**Aim of the task**: Take the material below from its first line through the line containing "if truthy v" and, please, write those lines again exactly.
[Dataset entries — start]
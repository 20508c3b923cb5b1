-- ===== src/Tools/Affixes.antt =====
-- What `startswith` and `endswith` say of a text.
use agentic_ai_tee.Base.{
  ◌≡◌, refl, ap, sym, ◌∙◌, true, [], ◌∷◌, ◌++◌, Text, starts_with, ends_with, arith,
}
use mathlib.Core.List.{reverse, reverse-append, reverse-reverse}

pub starts_with-append : (p rest : Text) → starts_with (p ++ rest) p ≡ true
unfolding starts_with
starts_with-append [] rest = refl
starts_with-append (d ∷ p) rest = ground (arith, starts_with-append p rest)

pub starts_with-rest : (t p : Text) → starts_with t p ≡ true → (rest : Text) × (t ≡ p ++ rest)
unfolding starts_with
starts_with-rest t [] h = (t, refl)
starts_with-rest [] (d ∷ p) h = absurd (cc)
starts_with-rest (c ∷ t) (d ∷ p) h =
    let (rest, e) = starts_with-rest t p (ground arith) in (rest, ground arith)

pub ends_with-append : (front p : Text) → ends_with (front ++ p) p ≡ true
unfolding ends_with
ends_with-append front p =
    rw (reverse-append front p) (starts_with-append (reverse p) (reverse front))

pub ends_with-front : (t p : Text) → ends_with t p ≡ true → (front : Text) × (t ≡ front ++ p)
unfolding ends_with
ends_with-front t p h =
    let (rest, e) = starts_with-rest (reverse t) (reverse p) h in
    (
      reverse rest,
      sym (reverse-reverse t)
          ∙ (ap reverse e
              ∙ (reverse-append (reverse p) rest
                  ∙ ap (λ q. reverse rest ++ q) (reverse-reverse p))),
    )
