-- ===== src/Tools/Args.antt =====
-- The checks of arguments that the tools' validate_args share, and the reading of what they let through.
use agentic_ai_tee.Base.{
  ◌≡◌, refl, false, Option, none, some, [], ◌∷◌, ◌++◌, if◌then◌else◌, is_empty, Text, codes, Value,
  none_value, str, Fields, get_field, truthy, is_str, arith,
}

abbrev pub missing : Text → Text
missing name = codes "Missing required argument: '" ++ (name ++ codes "'")

abbrev pub not_a_string : Text → Text
not_a_string name = codes "'" ++ (name ++ codes "' must be a string")

-- `if not v`, and then `if not isinstance(v, str)`
unfoldable pub check_filled : Text → Option Value → Option Text
check_filled name none = some (missing name)
check_filled name (some v) =
    if truthy v then (if is_str v then none else some (not_a_string name)) else some (missing name)

-- `if v is None`, and then `if not isinstance(v, str)`
unfoldable pub check_given : Text → Option Value → Option Text
check_given name none = some (missing name)
check_given name (some none_value) = some (missing name)
check_given name (some v) = if is_str v then none else some (not_a_string name)

-- The first error of two checks.
abbrev pub or_then : Option Text → Option Text → Option Text
or_then (some error) next = some error
or_then none next = next

abbrev pub text_of : Value → Option Text
text_of (str t) = some t
text_of _ = none

abbrev pub text_arg : Fields → Text → Option Text
text_arg args name = elim (get_field args name) [ none ↦ none | some v ↦ text_of v ]

pub check_filled-text :
    (name : Text) (v : Option Value)
    → check_filled name v ≡ none
    → (t : Text) × (v ≡ some (str t)) × (is_empty t ≡ false)
unfolding check_filled
check_filled-text name none h = absurd (cc)
check_filled-text name (some (str [])) h = absurd (cc)
check_filled-text name (some (str (c ∷ t))) h = (c ∷ t, refl, refl)
check_filled-text name (some v) h = absurd (ground arith)

pub check_given-text :
    (name : Text) (v : Option Value) → check_given name v ≡ none → (t : Text) × (v ≡ some (str t))
unfolding check_given
check_given-text name none h = absurd (cc)
check_given-text name (some none_value) h = absurd (cc)
check_given-text name (some (str t)) h = (t, refl)
check_given-text name (some v) h = absurd (ground arith)

pub text_arg-str :
    (args : Fields) (name t : Text)
    → get_field args name ≡ some (str t)
    → text_arg args name ≡ some t
text_arg-str args name t e = rw (e, text_arg)
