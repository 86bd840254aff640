-- ===== src/Lib.antt =====
-- A verification library of P2P Chat, a peer-to-peer chat program over ZeroMQ.
--
-- The program. A message (Include/Message.hpp, Source/Message.cpp) has a type, a payload and a
-- timestamp, and travels as one frame. The peer manager (Include/PeerManager.hpp,
-- Source/PeerManager.cpp) holds the peers by id and the local peer, and writes them to a file and
-- reads them again. The network manager (Include/Network.hpp, Source/Network.cpp) listens on a router
-- socket, opens a dealer socket for each peer that it connects to, receives frames in two threads, and
-- stores the peers that handshakes introduce in the peer manager. The command line
-- (Include/CliInterface.hpp, Source/CliInterface.cpp) gives the network manager two handlers, which
-- write to the peer manager and to the queue of lines to display, and runs the commands that are typed
-- on the two managers. The crypto manager (Include/Crypto.hpp, Source/Crypto.cpp) makes keys, IDs,
-- signatures and secrets over OpenSSL. The main program (Source/Main.cpp) makes the parts, gives the
-- local peer a key and an ID, loads the peers, and starts and stops the network and the command line.
-- Source/Network_coroutines_wip.cpp is an unfinished second network manager over Boost.Asio, which
-- CMakeLists.txt does not build: a coroutine for each connection reads messages from a stream, and
-- handshakes put their session in a map under the peer's id.
--
-- The files.
--   Message        Words: big-endian words and the clock's time points. Wire: `Serialize` and
--                  `Deserialize`. Payloads: the factories `Create...`. RoundTrip, Canonical, Bounds,
--                  PeerLists: proofs.
--   PeerManager    Defs: the peers and the methods. File: `SavePeersToFile` and `LoadPeersFromFile`.
--                  Lookup, Histories, SavedLine, Loading, Reload: proofs.
--   Network        State: what `NetworkManager::Impl` holds. Sockets: ZeroMQ's calls, ownership and
--                  the mutex. Sending: `SendToPeer`, `SendViaRouter`, `BroadcastMessage`,
--                  `GetConnectedPeers`. Lifecycle: `Start`, `Stop`, `ConnectToPeer`,
--                  `DisconnectPeer`. Handshake, Receiving: `HandleMessage`, `RouteMessages`,
--                  `PollMessages`. RouterThread: the thread of `RouteMessages` beside `Stop`, turn by
--                  turn. The other modules are proofs: StopRace about these turns, Connecting,
--                  Running, Broadcasting, Introductions, Senders, Meetings, Safety and Rounds about
--                  single operations, Reachable about all sequences of calls, with Clean,
--                  CleanRounds, Held, HeldCalls and HeldRounds for its invariant.
--   Cli            Words: `ParseCommand`. Display: the queue, the lines, the two handlers. Commands:
--                  `RegisterCommands`, `ProcessCommand`, the `Handle...` methods and the loop of
--                  `Run`. DisplayThread: `startDisplayThread`, `queueDisplay` and `Stop`, turn by
--                  turn. Splitting, Queue, Resting, Printing, Stopping, Safety, Outcomes, Arrivals,
--                  Saying: proofs.
--   Crypto         Objects: the calls of OpenSSL and the objects that are live. Keys: `Impl`,
--                  `GenerateKeyPair` and `GeneratePeerId`. Ciphers: `Encrypt` and `Decrypt`.
--                  Signatures: `Sign` and `Verify`. Secrets: `DeriveSharedSecret`. Held, KeysHeld,
--                  ContextsHeld and Released (which objects are live), Verifying, PeerIds, Unchecked:
--                  proofs.
--   Main           Process: what a process holds, and what may happen to it. Stages: `main`, from
--                  `identify` and `start_up` to `run_cli` and `shut_down`. Outcomes, Starting,
--                  Greeting, Succeeding and Stopping (how each stage ends), Dialling, Remembering,
--                  Saving, Status: proofs.
--   Coroutine      Source/Network_coroutines_wip.cpp. Objects: `Session` and `NetworkManager::Impl`,
--                  and who holds a session. Reading: the framing in `Session::Run`. Sessions:
--                  `HandleSessionMessage` and the rounds of a session. Manager: the methods and
--                  `AcceptLoop`. Framing, Streams, Arrivals (what bytes come to), Effects, Handling,
--                  Ending, Running, Stopping, Broadcasting, Greeting, and Validity, Preserving, Calls,
--                  Reachable, Naming and Identity for all sequences of actions: proofs.
--   Std            What the code uses of C++: results with exceptions and undefined behaviour,
--                  computations on a state, text, numbers and their parsing, and
--                  `std::unordered_map`.
--   Base           Lists, integers and Boolean tests.
-- Definitions have the source's names in snake_case: `HandleMessage` is `handle_message`.
--
-- How the code is modelled. An operation of the peer manager is a function on its state. One of the
-- network manager is a function from the state to a result and a state, where the result is a value,
-- an exception, or an outcome without return: undefined behaviour, or a thread that waits for ever.
-- A socket is a number, and every call of ZeroMQ is noted in a history. Bytes and characters are
-- numbers. Machine integers keep their wrap-around: sizes in 32 bits, the lengths in payloads and
-- ports in 16, timestamps in 64 bits with a sign.
--   - ZeroMQ is outside the repository: it is a function that says of each call, after what was called
--     before, whether it succeeds or throws `zmq::error_t`. What it delivers in a round of a loop is an
--     argument.
--   - The mutex over the sockets is a flag. It is not recursive: to lock it while it is held is to wait
--     for ever, which stands here for what the standard leaves undefined. The peer manager's own mutex
--     is held through each of its methods, which are single steps; only `GetLocalPeer` takes none.
--   - A thread's call is one step, and an interleaving of threads is a sequence of calls. A call
--     that waits for ever leaves its state to the calls of the other threads.
--   - `std::unordered_map` is the list of its entries, and the order of a loop over it is a parameter
--     that is only known to meet each entry once.
--   - The system clock counts nanoseconds in 64 bits, as in libstdc++. An operation reads it at most
--     once for what is kept, and that value is an argument. A message's time and the time at which a
--     peer is seen in one operation are the same value.
--   - `PeerInfo::port`, which `HandleMessage` leaves uninitialised for a sender without an address, is
--     a parameter of the platform.
--   - The handlers are functions on what the components share. They do not throw, and do not call the
--     network manager.
--   - OpenSSL is outside the repository: what it answers is any function of the calls made so far,
--     which name their objects by numbers. The use of a freed object and a write past a buffer are
--     undefined. SHA-256 is any function on bytes. The sizes of outputs are assumed where a theorem
--     says so.
--   - The arguments of the program come parsed, since Boost parses them; files are a map from names to
--     contents, and whether one can be opened for writing is a parameter. While the main thread waits,
--     the other threads' work is a sequence of events. A signal ends that sequence; the line that the
--     line editor still waits for then is an argument.
--   - The command line's state is the network manager's with one flag. The clock that its methods read
--     is a part of what the components share. A line that is typed is one step of the loop of `Run`;
--     beside it the display thread's work is a sequence of single prints. How the display thread
--     sleeps and is woken is modelled by itself, with the state of the thread, of `Stop`, and of the
--     threads that have queued a line and not yet notified. It wakes only when it is notified. In the
--     main program, whether it ends when `Stop` joins it is a parameter; where it does not, the main
--     thread waits for ever.
--   - Boost.Asio is outside the repository: the bytes that a socket delivers, a connection that is made
--     or accepted with the address of its other end, and whether a port can be bound, are arguments. A
--     read is complete when its buffer is full, and throws if the stream ends before or the socket is
--     closed; a write to a closed socket fails. A coroutine that is started by `co_spawn` is taken to
--     run at once to its first wait; each wait that ends is one step. A session is a number; a heap
--     holds the sessions, and one that no `shared_ptr` holds any more is freed, which closes its
--     socket. To go on with a freed session is undefined. The critical sections of `sessionsMutex_`
--     lie inside single steps.
--
-- Bounds and fuel. The code's functions have no fuel: loops run over lists, the bytes of a word are
-- written by counting down their number, and the loops of the threads are taken round by round. Only
-- the turns in which the display thread empties its queue or ends are counted, by `turns_left` and
-- `turns_stopped`, and the rounds of a session's coroutine, of which one more than there are bytes are
-- enough, as theorems show.
--
-- Not modelled: the text on standard output and error; the destruction of sockets failing; memory
-- running out; a thread that cannot be created; the colours and times of day of displayed lines, and the
-- line editor; in the main program, the text that the options are parsed from, and the signal
-- handlers; the router thread's use of the socket that `Stop` destroys, other than by itself in
-- RouterThread; the global tables of OpenSSL that `CryptoManager::Impl` sets up and cleans up; and, over
-- Boost.Asio, the destructor of the network manager, and writes that overlap on one socket.
pub mod Base
pub mod Std
pub mod Message
pub mod PeerManager
pub mod Network
pub mod Cli
pub mod Coroutine
pub mod Crypto
pub mod Main
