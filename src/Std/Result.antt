-- ===== src/Std/Result.antt =====
-- How a C++ call ends: it returns, it throws, or its behaviour is undefined.
use cpp_p2pchat.Base.{ℕ, List, ◌≡◌, refl}

-- A `std::string`, or a `std::vector<uint8_t>`: the values of its bytes.
abbrev pub Bytes : Type 0
Bytes = List ℕ

-- The exceptions that the program throws or catches; all derive from `std::exception`. `system_error`
-- is Boost.Asio's.
pub data Exception : Type 0 where
  runtime_error : Bytes → Exception
  invalid_argument out_of_range zmq_error system_error : Exception

-- What makes the behaviour undefined. `relock` is a second lock of a `std::mutex` by the thread
-- that holds it: the thread waits for itself. `dangling` is the use of an object that was freed.
-- `unended` is a join of a thread that does not end, which waits for ever.
pub data Fault : Type 0 where
  signed_overflow out_of_bounds relock dangling unended : Fault

pub data Result {ℓ} (A : Type ℓ) : Type ℓ where
  ok : A → Result A
  throw : Exception → Result A
  undefined : Fault → Result A

infixl 5 ◌>>=◌
abbrev pub ◌>>=◌ {ℓ κ} : {A : Type ℓ} {B : Type κ} → Result A → (A → Result B) → Result B
ok a >>= f = f a
throw e >>= f = throw e
undefined u >>= f = undefined u

pub bind-cong {ℓ κ} :
    {A : Type ℓ} {B : Type κ} (r : Result A) (f g : A → Result B)
    → ((a : A) → f a ≡ g a)
    → (r >>= f) ≡ (r >>= g)
bind-cong (ok a) f g h = h a
bind-cong (throw e) f g h = refl
bind-cong (undefined u) f g h = refl

pub bind-map {ℓ} :
    {A B C : Type ℓ} (r : Result A) (f : A → B) (g : B → Result C)
    → ((r >>= λ a. ok (f a)) >>= g) ≡ (r >>= λ a. g (f a))
bind-map (ok a) f g = refl
bind-map (throw e) f g = refl
bind-map (undefined u) f g = refl
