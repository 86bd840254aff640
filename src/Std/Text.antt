-- ===== src/Std/Text.antt =====
-- The `std::string` operations that the program uses, over bytes.
use Prim.Native.Char.{code}
use Prim.Native.String.{String}
use cpp_p2pchat.Base.{
  ℕ, ◌≡◌, ◌≢◌, ◌↔◌, refl, Bool, true, false, ◌&&◌, ◌||◌, [], ◌∷◌, ◌++◌, Option, none, some, arith,
  ◌==◌, leb, All,
}
use cpp_p2pchat.Std.Result.{Bytes}

-- the bytes of an ASCII literal
abbrev pub codes : String → Bytes
codes String.[] = []
codes (String.◌∷◌ c s) = code c ∷ codes s

-- `a == b` on strings
unfoldable pub str_eq : Bytes → Bytes → Bool
str_eq [] [] = true
str_eq [] (b ∷ bs) = false
str_eq (a ∷ as') [] = false
str_eq (a ∷ as') (b ∷ bs) = a == b && str_eq as' bs

str_eq_sound : (a b : Bytes) → str_eq a b ≡ true → a ≡ b
unfolding str_eq
str_eq_sound [] [] h = refl
str_eq_sound [] (b ∷ bs) h = ground arith
str_eq_sound (a ∷ as') [] h = ground arith
str_eq_sound (a ∷ as') (b ∷ bs) h = ground (arith, str_eq_sound as' bs)

pub str_eq_refl : (a : Bytes) → str_eq a a ≡ true
unfolding str_eq
str_eq_refl [] = refl
str_eq_refl (a ∷ as') = ground (arith, str_eq_refl as')

str_eq_complete : (a b : Bytes) → a ≡ b → str_eq a b ≡ true
str_eq_complete a b h = ground (arith, str_eq_refl a)

pub str_eq_iff : (a b : Bytes) → (str_eq a b ≡ true) ↔ (a ≡ b)
str_eq_iff a b = (str_eq_sound a b, str_eq_complete a b)

-- `s.find(c)` and the two halves that `substr` takes round it: the text before the first `c` and
-- the text behind it; `none` for `npos`.
unfoldable pub split_at : ℕ → Bytes → Option (Bytes × Bytes)
split_at c [] = none
split_at c (x ∷ s) = elim (x == c) [
  | true ↦ some ([], s)
  | false ↦ elim (split_at c s) [ none ↦ none | some (a, b) ↦ some (x ∷ a, b) ]
]

-- `std::getline(stream, s, c)`: the text up to the next `c`, or up to the end, and what is left;
-- `none`, a failed stream, if nothing is left to read.
unfoldable pub getline : ℕ → Bytes → Option (Bytes × Bytes)
unfolding split_at
getline c [] = none
getline c (x ∷ s) = elim (split_at c (x ∷ s)) [ none ↦ some (x ∷ s, []) | some p ↦ some p ]

abbrev pub Lacks : ℕ → Bytes → Type 0
Lacks c = All (λ x. x ≢ c)

pub split_at-append :
    (c : ℕ) (s rest : Bytes) → Lacks c s → split_at c (s ++ c ∷ rest) ≡ some (s, rest)
unfolding split_at
split_at-append c [] rest h = ground arith
split_at-append c (x ∷ s) rest h = ground (arith, split_at-append c s rest h.1)

pub split_at-none : (c : ℕ) (s : Bytes) → Lacks c s → split_at c s ≡ none
unfolding split_at
split_at-none c [] h = refl
split_at-none c (x ∷ s) h = ground (arith, split_at-none c s h.1)

pub getline-append :
    (c : ℕ) (s rest : Bytes) → Lacks c s → getline c (s ++ c ∷ rest) ≡ some (s, rest)
unfolding getline
getline-append c [] rest h = ground (arith, split_at-append c [] rest h)
getline-append c (x ∷ s) rest h = ground (arith, split_at-append c (x ∷ s) rest h)

pub getline_last : (c x : ℕ) (s : Bytes) → Lacks c (x ∷ s) → getline c (x ∷ s) ≡ some (x ∷ s, [])
unfolding getline
getline_last c x s h = ground (arith, split_at-none c (x ∷ s) h)

-- `std::isspace` of the C locale
unfoldable pub is_space : ℕ → Bool
is_space c = c == 32 || (leb 9 c && leb c 13)
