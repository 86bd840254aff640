-- ===== src/Std/Exec.antt =====
-- Methods that change an object and may throw. What was written before a throw stays written, so
-- the state comes back beside the result.
use cpp_p2pchat.Std.Result.{Result, ok, throw, undefined, zmq_error}

abbrev pub Exec {ℓ} : Type ℓ → Type ℓ → Type ℓ
Exec S A = S → Result A × S

module _ {ℓ} {S A : Type ℓ} where
  -- a const method that reads the object
  unfoldable pub gets : (S → A) → Exec S A
  gets look s = (ok (look s), s)

  unfoldable pub pure : A → Exec S A
  pure value s = (ok value, s)

  -- a call that does not touch the object
  unfoldable pub lift : Result A → Exec S A
  lift outcome s = (outcome, s)

module _ {S : Type 0} where
  unfoldable pub modify : (S → S) → Exec S (Unit {0})
  modify f s = (ok tt, f s)

module _ {ℓ} {S A B : Type ℓ} where
  -- what follows a result: nothing, unless it is a value
  abbrev pub continue : Result A → (A → Exec S B) → Exec S B
  continue (undefined u) next s = (undefined u, s)
  continue (throw e) next s = (throw e, s)
  continue (ok a) next s = next a s

  infixl 10 ◌>>=◌ ◌>>◌
  -- To open this is to open the actions above.
  unfoldable pub ◌>>=◌ : Exec S A → (A → Exec S B) → Exec S B
  unfolding gets pure lift modify
  ◌>>=◌ first next s = continue (first s).0 next (first s).1

  abbrev pub ◌>>◌ : Exec S A → Exec S B → Exec S B
  first >> second = first >>= λ _. second

-- `catch (const zmq::error_t&)` with a handler that only prints
abbrev pub caught_zmq : Result (Unit {0}) → Result (Unit {0})
caught_zmq (ok a) = ok a
caught_zmq (throw zmq_error) = ok tt
caught_zmq (throw e) = throw e
caught_zmq (undefined u) = undefined u

-- `catch (const std::exception&)` with a handler that only prints
abbrev pub caught_all : Result (Unit {0}) → Result (Unit {0})
caught_all (ok a) = ok a
caught_all (throw e) = ok tt
caught_all (undefined u) = undefined u

module _ {S : Type 0} where
  unfoldable pub catch_zmq : Exec S (Unit {0}) → Exec S (Unit {0})
  catch_zmq m s = let (r, s') = m s in (caught_zmq r, s')

  unfoldable pub catch_all : Exec S (Unit {0}) → Exec S (Unit {0})
  catch_all m s = let (r, s') = m s in (caught_all r, s')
[Dataset entries — finish]
**Answer to this problem**:
repository 20508c3b923cb5b1
-- ===== src/Tools/Affixes.antt =====
-- What `startswith` and `endswith` say of a text.
use agentic_ai_tee.Base.{
  ◌≡◌, refl, ap, sym, ◌∙◌, true, [], ◌∷◌, ◌++◌, Text, starts_with, ends_with, arith,
}
use mathlib.Core.List.{reverse, reverse-append, reverse-reverse}

pub starts_with-append : (p rest : Text) → starts_with (p ++ rest) p ≡ true
unfolding starts_with
starts_with-append [] rest = refl
starts_with-append (d ∷ p) rest = ground (arith, starts_with-append p rest)

pub starts_with-rest : (t p : Text) → starts_with t p ≡ true → (rest : Text) × (t ≡ p ++ rest)
unfolding starts_with
starts_with-rest t [] h = (t, refl)
starts_with-rest [] (d ∷ p) h = absurd (cc)
starts_with-rest (c ∷ t) (d ∷ p) h =
    let (rest, e) = starts_with-rest t p (ground arith) in (rest, ground arith)

pub ends_with-append : (front p : Text) → ends_with (front ++ p) p ≡ true
unfolding ends_with
ends_with-append front p =
    rw (reverse-append front p) (starts_with-append (reverse p) (reverse front))

pub ends_with-front : (t p : Text) → ends_with t p ≡ true → (front : Text) × (t ≡ front ++ p)
unfolding ends_with
ends_with-front t p h =
    let (rest, e) = starts_with-rest (reverse t) (reverse p) h in
    (
      reverse rest,
      sym (reverse-reverse t)
          ∙ (ap reverse e
              ∙ (reverse-append (reverse p) rest
                  ∙ ap (λ q. reverse rest ++ q) (reverse-reverse p))),
    )
-- ===== src/Tools/Args.antt =====
-- The checks of arguments that the tools' validate_args share, and the reading of what they let through.
use agentic_ai_tee.Base.{
  ◌≡◌, refl, false, Option, none, some, [], ◌∷◌, ◌++◌, if◌then◌else◌, is_empty, Text, codes, Value,
  none_value, str, Fields, get_field, truthy, is_str, arith,
}

abbrev pub missing : Text → Text
missing name = codes "Missing required argument: '" ++ (name ++ codes "'")

abbrev pub not_a_string : Text → Text
not_a_string name = codes "'" ++ (name ++ codes "' must be a string")

-- `if not v`, and then `if not isinstance(v, str)`
unfoldable pub check_filled : Text → Option Value → Option Text
check_filled name none = some (missing name)
check_filled name (some v) =
    if truthy v then (if is_str v then none else some (not_a_string name)) else some (missing name)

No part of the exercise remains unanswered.